A pulse in the eternal mind, no less

Gives somewhere back the thoughts by England given;

Her sights and sounds; dreams happy as her day;

And laughter, learnt of friends; and gentleness,

In hearts at peace, under an English heaven.


‘The Soldier’ (1914)

Rupert Brooke



An English Heaven


They’d agreed to meet at the dogleg of the communications trench – out of anyone’s direct line of sight, with the chance of a few minutes undisturbed. Opportunities to be alone together had been rare since they’d shipped to the battlefields of France, and non-existent since they’d each finally come to a better understanding of their own natures.

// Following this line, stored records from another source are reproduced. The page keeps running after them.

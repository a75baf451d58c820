-- ===== src/Book/Commands/Place.antt =====
-- `InternalAddOrder` past its checks, against a description of its outcome on the view of the book.
use hermes_orderbook.Prelude.{
  suc, ◌≡◌, ◌<◌, refl, sym, ap, subst, ◌∙◌, Bool, true, false, Option, some, if◌then◌else◌, arith,
  inl, inr, Bool-cases, ◌>>=◌, ◌==◌, ◌&&◌, not, add64, dec_lt,
}
use hermes_orderbook.Core.Types.{
  Side, opposite, TimeInForce, gtc, day, ioc, fok, gtd, ato, atc, is_market,
}
use hermes_orderbook.Core.Order.{Order}
use hermes_orderbook.Core.Messages.{
  ErrorCode, success, invalid_order_combination, not_implemented, unsupported_time_in_force,
}
use hermes_orderbook.Book.State.{Book}
use hermes_orderbook.Book.Commands.{rest_order, settle, place_order}
use hermes_orderbook.Book.Commands.Slot.{enqueue}
use hermes_orderbook.Book.Commands.Rest.{rests}
use hermes_orderbook.Book.Matching.{match_order}
use hermes_orderbook.Book.Matching.Consume.{consume, deals, log_deals}
use hermes_orderbook.Book.Matching.Refine.{Matched, SameLog-trans, log_deals-SameLog}
use hermes_orderbook.Book.Matching.Loop.{match_order-Matched}
use hermes_orderbook.Book.Matching.Facts.{consume-taker}
use hermes_orderbook.Book.View.{orders_of, orders_on, IsValidBelow}
use hermes_orderbook.Book.View.Index.{IsValidBelow-weaken}
use hermes_orderbook.Book.View.Index.Insert.{Inserts-IsValid}
use hermes_orderbook.Book.View.Sides.{
  SameLog, SameRest, SameRest-SameLog, counter-SameOrders, SameOrders-IsValid,
}

-- Whether what is left of a taker may rest: good till cancelled or for the day, with a price. The code
-- lets both rest alike.
abbrev pub may_rest : TimeInForce → Bool
may_rest gtc = true
may_rest day = true
may_rest _ = false

abbrev pub stays : Order → Bool
stays o = not (o.remaining_quantity == 0) && may_rest o.tif && not (is_market o.order_type)

-- The code that reports it.
abbrev pub rest_code : Order → ErrorCode
rest_code o = elim o.tif [
  | gtc ↦ if is_market o.order_type then invalid_order_combination else success
  | day ↦ if is_market o.order_type then invalid_order_combination else success
  | ioc ↦ success
  | fok ↦ success
  | gtd ↦ not_implemented
  | ato ↦ not_implemented
  | atc ↦ unsupported_time_in_force
]

abbrev pub place_code : Order → ErrorCode
place_code o = if o.remaining_quantity == 0 then success else rest_code o

-- The outcome for the order `o`: it consumes the other side, and what is left of it joins the queue
-- of its own side if it may.
pub record Placed (o : Order) (b : Book) (result : Option (ErrorCode × Book)) : Type 0 where
  pub after : Book
  pub run : result ≡ some (place_code (consume o (orders_on (opposite o.side) b)).0, after)
  pub valid : IsValidBelow (suc o.order_id) after
  pub far : orders_on (opposite o.side) after ≡ (consume o (orders_on (opposite o.side) b)).1
  pub near : orders_on o.side after ≡ (
      if stays (consume o (orders_on (opposite o.side) b)).0
      then enqueue o.side (consume o (orders_on (opposite o.side) b)).0 (orders_on o.side b)
      else orders_on o.side b)
  pub counter : after.order_counter ≡ add64 b.order_counter 1
  pub state : after.market_state ≡ b.market_state
  pub log : SameLog (log_deals (deals o (orders_on (opposite o.side) b)) b) after

-- The outcome of `settle`.
record Settled (t : Order) (b : Book) : Type 0 where
  after : Book
  run : settle t b ≡ some (rest_code t, after)
  valid : IsValidBelow (suc t.order_id) after
  far : orders_on (opposite t.side) after ≡ orders_on (opposite t.side) b
  near : orders_on t.side after ≡ (
      if may_rest t.tif && not (is_market t.order_type)
      then enqueue t.side t (orders_on t.side b)
      else orders_on t.side b)
  rest : SameRest b after

same_rest : (b : Book) → SameRest b b
same_rest b = record {
  scratch = refl;
  order_counter = refl;
  trade_counter = refl;
  market_state = refl;
}

module _ (t : Order) (b : Book) (v : IsValidBelow t.order_id b) where
  Settled-out :
      settle t b ≡ some (rest_code t, b)
      → (may_rest t.tif && not (is_market t.order_type)) ≡ false
      → Settled t b
  Settled-out e h = record {
    after = b;
    run = e;
    valid = IsValidBelow-weaken (omega arith) v;
    far = refl;
    near = rw h;
    rest = same_rest b;
  }

  Settled-in :
      settle t b ≡ (rest_order t b >>= λ b'. some (rest_code t, b'))
      → (may_rest t.tif && not (is_market t.order_type)) ≡ true
      → Settled t b
  Settled-in e h =
      let r = rests v t in
      record {
        after = r.after;
        run = e ∙ rw r.run;
        valid = Inserts-IsValid v refl r.inserts;
        far = ap orders_of r.inserts.near;
        near = rw h r.queue;
        rest = r.rest;
      }

  Settled-by : (tif : TimeInForce) → t.tif ≡ tif → Settled t b
  unfolding settle
  Settled-by ioc e = Settled-out (ground arith) (ground arith)
  Settled-by fok e = Settled-out (ground arith) (ground arith)
  Settled-by gtd e = Settled-out (ground arith) (ground arith)
  Settled-by ato e = Settled-out (ground arith) (ground arith)
  Settled-by atc e = Settled-out (ground arith) (ground arith)
  Settled-by gtc e = elim (Bool-cases (is_market t.order_type)) [
    | inl m ↦ Settled-out (ground arith) (ground arith)
    | inr m ↦ Settled-in (ground arith) (ground arith)
  ]
  Settled-by day e = elim (Bool-cases (is_market t.order_type)) [
    | inl m ↦ Settled-out (ground arith) (ground arith)
    | inr m ↦ Settled-in (ground arith) (ground arith)
  ]

  settled : Settled t b
  settled = Settled-by t.tif refl

place_order-eq :
    (o t : Order) (b b' : Book)
    → match_order o (record b { order_counter = add64 b.order_counter 1 }) ≡ some (t, b')
    → place_order o b ≡ (if t.remaining_quantity == 0 then some (success, b') else settle t b')
unfolding place_order
place_order-eq o t b b' e = rw (place_order, e)

module _ (o : Order) (b : Book) (v : IsValidBelow o.order_id b) where
  abbrev numbered : Book
  numbered = record b { order_counter = add64 b.order_counter 1 }

  same_view : (s : Side) → orders_on s numbered ≡ orders_on s b
  same_view s = ap orders_of ((counter-SameOrders (add64 b.order_counter 1) b).sides s)

  matched : Matched o.order_id o numbered (match_order o numbered)
  matched =
      match_order-Matched o numbered
        (SameOrders-IsValid (counter-SameOrders (add64 b.order_counter 1) b) v)

  log_same : SameLog (log_deals (deals o (orders_on (opposite o.side) b)) b) matched.after
  log_same =
      SameLog-trans
        (log_deals-SameLog (deals o (orders_on (opposite o.side) b)) b numbered
          (record { scratch = refl; trade_counter = refl }))
        (subst (λ f. SameLog (log_deals (deals o f) numbered) matched.after)
          (same_view (opposite o.side)) matched.log)

  matched-run :
      match_order o numbered ≡ some ((consume o (orders_on (opposite o.side) b)).0, matched.after)
  matched-run =
      matched.run ∙ ap (λ f. some ((consume o f).0, matched.after)) (same_view (opposite o.side))

  matched-far :
      orders_on (opposite o.side) matched.after ≡ (consume o (orders_on (opposite o.side) b)).1
  matched-far = matched.far ∙ ap (λ f. (consume o f).1) (same_view (opposite o.side))

  matched-near : orders_on o.side matched.after ≡ orders_on o.side b
  matched-near = ap orders_of matched.near ∙ same_view o.side

  -- What is left of the taker.
  module _ (t : Order) (e : (consume o (orders_on (opposite o.side) b)).0 ≡ t)
      (id : t.order_id ≡ o.order_id) (side : t.side ≡ o.side) where
    Placed-filled : t.remaining_quantity ≡ 0 → Placed o b (place_order o b)
    Placed-filled h = record {
      after = matched.after;
      run = place_order-eq o t b matched.after (rw (← e) matched-run) ∙ rw e (ground arith);
      valid = IsValidBelow-weaken (omega arith) matched.valid;
      far = matched-far;
      near = rw e (matched-near ∙ ground arith);
      counter = matched.counter;
      state = matched.state;
      log = log_same;
    }

    Placed-settled : 0 < t.remaining_quantity → Placed o b (place_order o b)
    Placed-settled h =
        let s : Settled t matched.after =
          settled t matched.after
            (subst (λ k. IsValidBelow k matched.after) (sym id) matched.valid) in
        record {
          after = s.after;
          run =
              place_order-eq o t b matched.after (rw (← e) matched-run)
              ∙ rw e (ground (arith, s.run));
          valid = subst (λ k. IsValidBelow (suc k) s.after) id s.valid;
          far =
              subst (λ k. orders_on (opposite k) s.after ≡ orders_on (opposite k) matched.after)
                side s.far
              ∙ matched-far;
          near = rw e (
              subst
                (λ k. orders_on k s.after ≡ (
                  if may_rest t.tif && not (is_market t.order_type)
                  then enqueue k t (orders_on k matched.after)
                  else orders_on k matched.after))
                side s.near
              ∙ rw matched-near (ground arith));
          counter = s.rest.order_counter ∙ matched.counter;
          state = s.rest.market_state ∙ matched.state;
          log = SameLog-trans log_same (SameRest-SameLog s.rest);
        }

  -- On a book that is well-formed for the numbers below the order's, `InternalAddOrder` past its
  -- checks ends: the order consumes the other side, and what is left of it joins the queue of its own
  -- side behind the orders of its price if it may rest, and is dropped otherwise; the code is that of
  -- its time in force and type; the number of the next order goes up by one, modulo 2 ^ 64. An order
  -- for the day rests and succeeds like one that is good till cancelled, with nothing that makes it
  -- expire: the comment in src/Core/globals.hpp says that it expires, and that it is not supported.
  pub placed : Placed o b (place_order o b)
  placed =
      let queue = orders_on (opposite o.side) b in
      let r = (consume o queue).0.remaining_quantity in
      let e : (consume o queue).0 ≡ record o { remaining_quantity = r } = consume-taker o queue in
      elim (dec_lt 0 r) [
        | yes h ↦ Placed-settled (record o { remaining_quantity = r }) e refl refl h
        | no h ↦ Placed-filled (record o { remaining_quantity = r }) e refl refl (omega arith)
      ]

Tom turned the corner, and giggled in nervous delight when a shift in the shadows meant Michael was already there. “Parlez-vous Allemand?” he asked. Do you speak German? They’d heard that was the code for asking if another man was so. Not that Tom had any doubts about how his friend would answer, not anymore, but it had become a running joke between them, that you wouldn’t want to ask such a thing in The Wrong Trench.

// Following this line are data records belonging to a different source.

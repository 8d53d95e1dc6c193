-- ===== src/Routing/MaxMap.antt =====
-- orchestrator/app/jarvis_orchestrator/workflows/state.py: `max_map`, the reducer of the counters.
-- Its sorting of the keys is left out: a dict's order is not observed by a lookup.
use jarvis_development.Prelude.{
  ℕ, ◌≤◌, max, [], ◌∷◌, String, string_eq, ◌==◌, arith, get_or, put, get_or-put, Bool-cases, inl,
  inr, ==-refl,
}
use jarvis_development.Routing.{Counters}

unfoldable pub max_map : Counters → Counters → Counters
max_map left [] = left
max_map left ((k, v) ∷ right) = max_map (put left k (max (get_or left k 0) v)) right

pub put-grows :
    (counters : Counters) (k key : String) (v : ℕ)
    → get_or counters key 0 ≤ get_or (put counters k (max (get_or counters k 0) v)) key 0
put-grows counters k key v =
    rw (get_or-put counters k key (max (get_or counters k 0) v) 0) (elim (Bool-cases (k == key)) [
      | inl same ↦ rw (same, (string_eq.same_iff k key).0 same) (omega arith)
      | inr other ↦ rw other (omega arith)
    ])

-- A merge lowers no counter.
pub max_map-grows :
    (left right : Counters) (key : String) → get_or left key 0 ≤ get_or (max_map left right) key 0
unfolding max_map
max_map-grows left [] key = omega arith
max_map-grows left ((k, v) ∷ right) key =
    omega (
      arith,
      put-grows left k key v,
      max_map-grows (put left k (max (get_or left k 0) v)) right key,
    )

-- A merge brings the first entry of its right argument in.
pub max_map-head :
    (left right : Counters) (k : String) (v : ℕ) → v ≤ get_or (max_map left ((k, v) ∷ right)) k 0
unfolding max_map
max_map-head left right k v =
    omega (arith, max_map-grows (put left k (max (get_or left k 0) v)) right k, put-reads)
  where
    put-reads : v ≤ get_or (put left k (max (get_or left k 0) v)) k 0
    put-reads = rw (get_or-put left k k (max (get_or left k 0) v) 0, ==-refl k) (omega arith)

Michael shifted again, and moonlight revealed his tense posture … his tormented expression.

“What’s wrong?” Tom asked in alarm.

Then Michael’s brother stepped out from behind him, cruelty on his face – and the Beholla pistol, his prize from captured German trenches, held firm in both hands. Aimed squarely at Tom’s heart.

Tom froze in confusion, though somehow he was already watching what was about to happen. Michael’s torment was turning to heartbreak. Both of them helpless to prevent it.

“You traitorous, lecherous filth!”

A thump in the chest, not hard enough to knock him over – yet a moment later Tom lost his sense of balance, and collapsed to his knees.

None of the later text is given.